__GOAL OF THE EXERCISE__:
Please print the entries below exactly, from the line with "else take_over layer id e vram" through the line with "the lease counter.", including both of those lines and leaving out all others.

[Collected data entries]
'''
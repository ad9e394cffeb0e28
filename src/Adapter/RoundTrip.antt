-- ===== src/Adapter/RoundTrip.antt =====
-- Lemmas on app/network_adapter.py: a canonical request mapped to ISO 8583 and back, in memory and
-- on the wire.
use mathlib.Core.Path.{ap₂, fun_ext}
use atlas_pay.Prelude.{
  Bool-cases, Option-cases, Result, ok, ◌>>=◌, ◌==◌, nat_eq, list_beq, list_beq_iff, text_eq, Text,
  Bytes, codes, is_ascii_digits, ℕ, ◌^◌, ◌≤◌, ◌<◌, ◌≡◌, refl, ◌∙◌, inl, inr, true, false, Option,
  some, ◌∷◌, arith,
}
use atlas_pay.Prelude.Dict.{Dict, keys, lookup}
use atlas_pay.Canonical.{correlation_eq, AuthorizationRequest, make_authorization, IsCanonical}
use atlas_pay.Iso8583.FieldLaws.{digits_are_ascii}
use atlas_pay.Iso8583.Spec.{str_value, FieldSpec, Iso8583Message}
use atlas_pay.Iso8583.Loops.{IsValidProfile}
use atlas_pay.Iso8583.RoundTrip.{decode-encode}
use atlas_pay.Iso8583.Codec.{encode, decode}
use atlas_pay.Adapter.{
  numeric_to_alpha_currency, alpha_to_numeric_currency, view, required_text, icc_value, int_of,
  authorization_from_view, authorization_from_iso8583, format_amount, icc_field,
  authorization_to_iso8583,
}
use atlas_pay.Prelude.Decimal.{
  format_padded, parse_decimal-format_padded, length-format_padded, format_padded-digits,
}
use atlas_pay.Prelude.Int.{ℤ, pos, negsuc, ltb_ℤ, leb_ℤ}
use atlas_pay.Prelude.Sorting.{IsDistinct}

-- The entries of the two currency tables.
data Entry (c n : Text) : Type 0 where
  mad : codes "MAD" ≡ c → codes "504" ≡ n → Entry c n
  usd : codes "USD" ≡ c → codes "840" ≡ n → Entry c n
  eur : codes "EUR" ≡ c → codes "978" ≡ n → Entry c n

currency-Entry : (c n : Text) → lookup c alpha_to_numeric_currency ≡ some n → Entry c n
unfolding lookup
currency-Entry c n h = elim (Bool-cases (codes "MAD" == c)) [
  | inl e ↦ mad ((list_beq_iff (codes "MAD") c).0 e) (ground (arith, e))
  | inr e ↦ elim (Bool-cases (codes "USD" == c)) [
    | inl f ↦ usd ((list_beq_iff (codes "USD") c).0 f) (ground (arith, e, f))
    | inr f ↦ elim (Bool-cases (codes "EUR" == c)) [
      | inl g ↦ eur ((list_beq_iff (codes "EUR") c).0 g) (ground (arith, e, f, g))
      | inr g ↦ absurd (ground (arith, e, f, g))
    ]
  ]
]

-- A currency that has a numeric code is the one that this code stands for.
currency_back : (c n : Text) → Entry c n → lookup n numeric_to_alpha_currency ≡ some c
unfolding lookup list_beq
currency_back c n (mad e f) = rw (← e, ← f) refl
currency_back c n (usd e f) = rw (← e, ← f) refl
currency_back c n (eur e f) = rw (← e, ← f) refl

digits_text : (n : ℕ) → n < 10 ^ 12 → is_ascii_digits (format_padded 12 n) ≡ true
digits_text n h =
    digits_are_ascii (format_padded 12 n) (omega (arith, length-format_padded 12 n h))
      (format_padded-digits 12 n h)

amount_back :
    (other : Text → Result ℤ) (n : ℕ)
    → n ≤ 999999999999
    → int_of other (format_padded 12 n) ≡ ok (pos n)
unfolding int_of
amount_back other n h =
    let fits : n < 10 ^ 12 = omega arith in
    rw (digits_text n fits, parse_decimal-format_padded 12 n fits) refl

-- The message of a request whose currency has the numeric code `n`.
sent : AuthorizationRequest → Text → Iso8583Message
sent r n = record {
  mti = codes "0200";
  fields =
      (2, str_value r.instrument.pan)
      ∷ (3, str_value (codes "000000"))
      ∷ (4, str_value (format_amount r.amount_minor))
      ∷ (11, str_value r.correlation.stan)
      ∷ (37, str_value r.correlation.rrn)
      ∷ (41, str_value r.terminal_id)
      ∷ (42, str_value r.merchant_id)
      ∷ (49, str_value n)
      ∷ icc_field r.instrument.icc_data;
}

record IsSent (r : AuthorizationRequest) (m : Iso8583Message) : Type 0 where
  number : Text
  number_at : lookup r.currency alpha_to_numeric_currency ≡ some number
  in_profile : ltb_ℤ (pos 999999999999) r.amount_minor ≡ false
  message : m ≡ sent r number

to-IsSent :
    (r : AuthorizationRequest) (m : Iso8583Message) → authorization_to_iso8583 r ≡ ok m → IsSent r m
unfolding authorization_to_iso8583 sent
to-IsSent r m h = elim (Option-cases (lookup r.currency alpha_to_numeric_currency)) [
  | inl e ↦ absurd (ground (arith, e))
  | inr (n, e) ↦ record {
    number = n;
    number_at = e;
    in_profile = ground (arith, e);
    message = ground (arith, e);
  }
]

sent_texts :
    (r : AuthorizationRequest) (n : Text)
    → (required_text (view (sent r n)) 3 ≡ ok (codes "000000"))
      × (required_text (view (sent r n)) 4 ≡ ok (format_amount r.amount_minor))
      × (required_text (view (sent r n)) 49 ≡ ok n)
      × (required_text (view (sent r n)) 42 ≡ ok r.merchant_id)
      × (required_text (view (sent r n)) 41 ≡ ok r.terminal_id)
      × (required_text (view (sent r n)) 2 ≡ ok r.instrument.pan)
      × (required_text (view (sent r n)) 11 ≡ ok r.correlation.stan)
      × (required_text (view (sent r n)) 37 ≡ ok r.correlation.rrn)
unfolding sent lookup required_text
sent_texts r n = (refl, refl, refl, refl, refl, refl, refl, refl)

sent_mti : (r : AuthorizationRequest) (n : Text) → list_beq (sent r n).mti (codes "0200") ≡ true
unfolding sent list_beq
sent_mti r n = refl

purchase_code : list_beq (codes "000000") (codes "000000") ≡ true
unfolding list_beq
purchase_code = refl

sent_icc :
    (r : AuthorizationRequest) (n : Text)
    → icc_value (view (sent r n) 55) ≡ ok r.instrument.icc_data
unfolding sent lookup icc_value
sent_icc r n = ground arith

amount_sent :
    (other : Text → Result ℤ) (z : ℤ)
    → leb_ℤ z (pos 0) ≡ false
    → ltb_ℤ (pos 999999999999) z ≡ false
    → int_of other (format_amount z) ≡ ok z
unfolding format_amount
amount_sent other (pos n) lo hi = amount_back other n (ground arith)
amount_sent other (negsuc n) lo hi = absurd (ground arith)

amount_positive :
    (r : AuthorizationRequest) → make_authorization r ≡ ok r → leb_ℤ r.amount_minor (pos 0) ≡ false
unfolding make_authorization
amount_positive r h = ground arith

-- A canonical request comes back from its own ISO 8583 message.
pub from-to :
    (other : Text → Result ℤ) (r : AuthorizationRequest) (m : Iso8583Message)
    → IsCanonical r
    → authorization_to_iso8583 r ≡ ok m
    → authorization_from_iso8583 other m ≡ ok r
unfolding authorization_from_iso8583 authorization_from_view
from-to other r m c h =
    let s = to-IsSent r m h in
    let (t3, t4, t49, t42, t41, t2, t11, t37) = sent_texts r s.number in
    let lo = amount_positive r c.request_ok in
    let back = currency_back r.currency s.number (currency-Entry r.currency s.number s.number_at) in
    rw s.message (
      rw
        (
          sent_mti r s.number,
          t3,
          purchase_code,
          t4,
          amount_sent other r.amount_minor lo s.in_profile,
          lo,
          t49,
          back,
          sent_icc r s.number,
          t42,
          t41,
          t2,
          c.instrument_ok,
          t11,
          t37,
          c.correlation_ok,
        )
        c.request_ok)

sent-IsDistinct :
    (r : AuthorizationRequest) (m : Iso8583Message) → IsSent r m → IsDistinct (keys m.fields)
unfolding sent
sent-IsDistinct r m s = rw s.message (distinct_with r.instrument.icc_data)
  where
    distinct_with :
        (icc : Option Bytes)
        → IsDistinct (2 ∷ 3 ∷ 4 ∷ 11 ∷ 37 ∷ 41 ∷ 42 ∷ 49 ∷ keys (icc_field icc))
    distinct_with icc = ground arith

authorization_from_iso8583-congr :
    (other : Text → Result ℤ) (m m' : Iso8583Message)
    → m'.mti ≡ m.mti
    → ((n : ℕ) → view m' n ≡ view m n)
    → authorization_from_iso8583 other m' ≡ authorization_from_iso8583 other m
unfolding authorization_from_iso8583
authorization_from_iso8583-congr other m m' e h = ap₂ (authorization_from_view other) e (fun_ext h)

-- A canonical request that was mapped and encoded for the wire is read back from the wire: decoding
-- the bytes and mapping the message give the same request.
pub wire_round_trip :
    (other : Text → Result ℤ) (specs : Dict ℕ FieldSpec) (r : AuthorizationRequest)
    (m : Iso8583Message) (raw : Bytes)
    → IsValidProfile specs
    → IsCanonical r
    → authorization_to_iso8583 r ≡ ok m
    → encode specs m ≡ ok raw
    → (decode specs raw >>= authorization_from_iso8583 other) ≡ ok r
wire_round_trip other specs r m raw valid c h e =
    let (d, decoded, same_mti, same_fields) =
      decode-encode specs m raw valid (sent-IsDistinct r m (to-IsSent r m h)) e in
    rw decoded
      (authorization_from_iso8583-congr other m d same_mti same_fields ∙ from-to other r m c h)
'''
'''
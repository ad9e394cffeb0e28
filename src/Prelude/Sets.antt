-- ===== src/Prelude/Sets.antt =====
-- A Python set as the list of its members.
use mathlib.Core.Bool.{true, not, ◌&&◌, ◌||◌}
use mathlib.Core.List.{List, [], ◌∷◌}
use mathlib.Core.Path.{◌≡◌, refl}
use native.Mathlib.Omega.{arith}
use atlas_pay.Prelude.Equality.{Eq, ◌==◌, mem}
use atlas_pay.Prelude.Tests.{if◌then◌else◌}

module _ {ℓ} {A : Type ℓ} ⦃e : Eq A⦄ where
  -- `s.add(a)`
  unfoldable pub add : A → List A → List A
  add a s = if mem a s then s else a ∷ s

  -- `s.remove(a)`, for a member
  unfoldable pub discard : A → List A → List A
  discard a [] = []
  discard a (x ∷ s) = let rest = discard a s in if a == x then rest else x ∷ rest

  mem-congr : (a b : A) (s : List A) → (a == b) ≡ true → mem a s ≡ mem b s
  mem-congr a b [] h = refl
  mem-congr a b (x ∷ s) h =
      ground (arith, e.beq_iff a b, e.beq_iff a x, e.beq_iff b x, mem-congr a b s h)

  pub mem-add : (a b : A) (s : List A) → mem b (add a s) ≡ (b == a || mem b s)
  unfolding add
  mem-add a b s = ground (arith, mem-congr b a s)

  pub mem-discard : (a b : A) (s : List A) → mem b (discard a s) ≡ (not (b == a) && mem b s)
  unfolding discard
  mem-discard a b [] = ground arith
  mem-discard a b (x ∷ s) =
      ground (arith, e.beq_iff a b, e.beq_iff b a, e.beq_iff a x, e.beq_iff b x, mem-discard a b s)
'''
'''
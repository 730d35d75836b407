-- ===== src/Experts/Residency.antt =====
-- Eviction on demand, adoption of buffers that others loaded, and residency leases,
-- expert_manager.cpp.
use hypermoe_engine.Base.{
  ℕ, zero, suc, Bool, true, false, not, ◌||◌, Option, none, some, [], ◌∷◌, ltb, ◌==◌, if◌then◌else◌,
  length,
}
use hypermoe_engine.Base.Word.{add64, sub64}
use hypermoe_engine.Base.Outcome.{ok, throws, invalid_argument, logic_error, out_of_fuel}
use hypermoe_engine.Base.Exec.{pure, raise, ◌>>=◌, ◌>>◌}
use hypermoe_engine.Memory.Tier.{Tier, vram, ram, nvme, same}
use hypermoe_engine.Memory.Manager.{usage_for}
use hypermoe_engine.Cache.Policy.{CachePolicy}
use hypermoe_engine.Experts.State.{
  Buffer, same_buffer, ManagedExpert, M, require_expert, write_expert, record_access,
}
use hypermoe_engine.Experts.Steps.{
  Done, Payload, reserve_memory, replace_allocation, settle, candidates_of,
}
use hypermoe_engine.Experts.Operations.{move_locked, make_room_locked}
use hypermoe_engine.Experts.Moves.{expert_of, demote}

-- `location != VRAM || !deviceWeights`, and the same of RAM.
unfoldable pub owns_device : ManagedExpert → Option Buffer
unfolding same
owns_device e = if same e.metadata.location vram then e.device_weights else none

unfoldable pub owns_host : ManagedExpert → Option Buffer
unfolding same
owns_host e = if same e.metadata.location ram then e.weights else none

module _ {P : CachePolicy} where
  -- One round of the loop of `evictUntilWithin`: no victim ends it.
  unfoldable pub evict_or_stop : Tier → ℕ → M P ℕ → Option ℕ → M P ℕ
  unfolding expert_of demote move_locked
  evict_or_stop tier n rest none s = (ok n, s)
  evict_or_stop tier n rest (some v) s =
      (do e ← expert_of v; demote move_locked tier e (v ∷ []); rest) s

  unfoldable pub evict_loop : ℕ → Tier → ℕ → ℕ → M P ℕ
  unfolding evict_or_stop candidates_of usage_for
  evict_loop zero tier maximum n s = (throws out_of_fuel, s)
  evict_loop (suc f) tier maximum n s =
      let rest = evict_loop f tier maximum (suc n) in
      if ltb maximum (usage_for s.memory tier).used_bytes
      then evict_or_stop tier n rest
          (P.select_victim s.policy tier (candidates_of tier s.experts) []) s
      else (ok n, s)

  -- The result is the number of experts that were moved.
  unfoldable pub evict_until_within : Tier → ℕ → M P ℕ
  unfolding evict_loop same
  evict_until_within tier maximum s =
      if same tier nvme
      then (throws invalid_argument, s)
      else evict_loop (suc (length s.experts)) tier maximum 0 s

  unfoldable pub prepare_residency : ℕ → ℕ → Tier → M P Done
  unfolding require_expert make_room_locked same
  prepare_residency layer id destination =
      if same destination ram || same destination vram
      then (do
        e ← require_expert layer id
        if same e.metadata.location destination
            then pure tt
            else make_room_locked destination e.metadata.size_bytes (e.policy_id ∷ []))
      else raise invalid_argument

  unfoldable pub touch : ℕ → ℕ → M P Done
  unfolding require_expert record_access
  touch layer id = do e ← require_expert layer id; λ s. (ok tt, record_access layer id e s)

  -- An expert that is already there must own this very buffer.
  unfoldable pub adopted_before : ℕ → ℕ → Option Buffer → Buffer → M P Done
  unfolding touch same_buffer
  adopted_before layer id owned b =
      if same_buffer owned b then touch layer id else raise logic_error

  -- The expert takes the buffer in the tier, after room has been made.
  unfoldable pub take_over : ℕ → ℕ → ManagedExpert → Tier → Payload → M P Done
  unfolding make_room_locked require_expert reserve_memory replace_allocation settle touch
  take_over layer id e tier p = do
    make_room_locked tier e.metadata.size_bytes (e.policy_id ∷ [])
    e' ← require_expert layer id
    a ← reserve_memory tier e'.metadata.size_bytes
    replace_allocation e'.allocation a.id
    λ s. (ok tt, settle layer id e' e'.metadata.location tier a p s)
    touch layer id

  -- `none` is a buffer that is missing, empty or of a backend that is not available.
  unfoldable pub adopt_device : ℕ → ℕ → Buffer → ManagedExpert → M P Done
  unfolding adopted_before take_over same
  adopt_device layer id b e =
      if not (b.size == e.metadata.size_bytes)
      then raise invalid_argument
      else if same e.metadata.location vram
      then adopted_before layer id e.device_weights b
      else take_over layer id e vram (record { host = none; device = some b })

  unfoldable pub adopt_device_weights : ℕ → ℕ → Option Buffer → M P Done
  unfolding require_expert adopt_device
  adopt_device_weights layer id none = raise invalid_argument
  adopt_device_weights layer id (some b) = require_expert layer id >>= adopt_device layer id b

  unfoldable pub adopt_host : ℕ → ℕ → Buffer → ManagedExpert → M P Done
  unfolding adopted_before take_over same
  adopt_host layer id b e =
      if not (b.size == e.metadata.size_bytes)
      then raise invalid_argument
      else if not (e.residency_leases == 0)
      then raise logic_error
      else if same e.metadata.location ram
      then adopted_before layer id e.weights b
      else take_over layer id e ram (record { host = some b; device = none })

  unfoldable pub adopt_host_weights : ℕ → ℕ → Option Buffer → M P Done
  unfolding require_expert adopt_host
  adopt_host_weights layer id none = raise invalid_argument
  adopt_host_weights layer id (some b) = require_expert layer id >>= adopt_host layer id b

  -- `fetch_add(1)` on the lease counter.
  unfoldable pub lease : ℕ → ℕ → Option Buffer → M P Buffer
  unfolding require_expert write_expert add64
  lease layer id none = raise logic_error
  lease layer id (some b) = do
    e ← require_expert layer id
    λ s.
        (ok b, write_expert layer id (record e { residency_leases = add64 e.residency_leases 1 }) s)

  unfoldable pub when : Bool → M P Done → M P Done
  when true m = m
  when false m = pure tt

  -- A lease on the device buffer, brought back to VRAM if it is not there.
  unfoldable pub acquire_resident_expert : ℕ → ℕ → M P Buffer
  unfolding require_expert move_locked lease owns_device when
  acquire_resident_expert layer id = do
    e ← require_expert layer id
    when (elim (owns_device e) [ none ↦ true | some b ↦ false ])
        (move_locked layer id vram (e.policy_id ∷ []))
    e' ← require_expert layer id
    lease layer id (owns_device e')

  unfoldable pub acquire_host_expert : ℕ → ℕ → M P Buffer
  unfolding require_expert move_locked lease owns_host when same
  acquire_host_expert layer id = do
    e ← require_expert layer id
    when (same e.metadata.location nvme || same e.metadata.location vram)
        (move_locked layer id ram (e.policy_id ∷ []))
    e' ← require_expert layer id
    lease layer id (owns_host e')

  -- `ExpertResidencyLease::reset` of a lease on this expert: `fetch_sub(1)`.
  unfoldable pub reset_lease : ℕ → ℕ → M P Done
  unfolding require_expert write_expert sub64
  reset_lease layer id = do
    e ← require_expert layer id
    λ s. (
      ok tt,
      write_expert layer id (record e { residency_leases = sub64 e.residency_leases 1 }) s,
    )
'''
__ANSWER SPACE__:
      else take_over layer id e vram (record { host = none; device = some b })

  unfoldable pub adopt_device_weights : ℕ → ℕ → Option Buffer → M P Done
  unfolding require_expert adopt_device
  adopt_device_weights layer id none = raise invalid_argument
  adopt_device_weights layer id (some b) = require_expert layer id >>= adopt_device layer id b

  unfoldable pub adopt_host : ℕ → ℕ → Buffer → ManagedExpert → M P Done
  unfolding adopted_before take_over same
  adopt_host layer id b e =
      if not (b.size == e.metadata.size_bytes)
      then raise invalid_argument
      else if not (e.residency_leases == 0)
      then raise logic_error
      else if same e.metadata.location ram
      then adopted_before layer id e.weights b
      else take_over layer id e ram (record { host = some b; device = none })

  unfoldable pub adopt_host_weights : ℕ → ℕ → Option Buffer → M P Done
  unfolding require_expert adopt_host
  adopt_host_weights layer id none = raise invalid_argument
  adopt_host_weights layer id (some b) = require_expert layer id >>= adopt_host layer id b

  -- `fetch_add(1)` on the lease counter.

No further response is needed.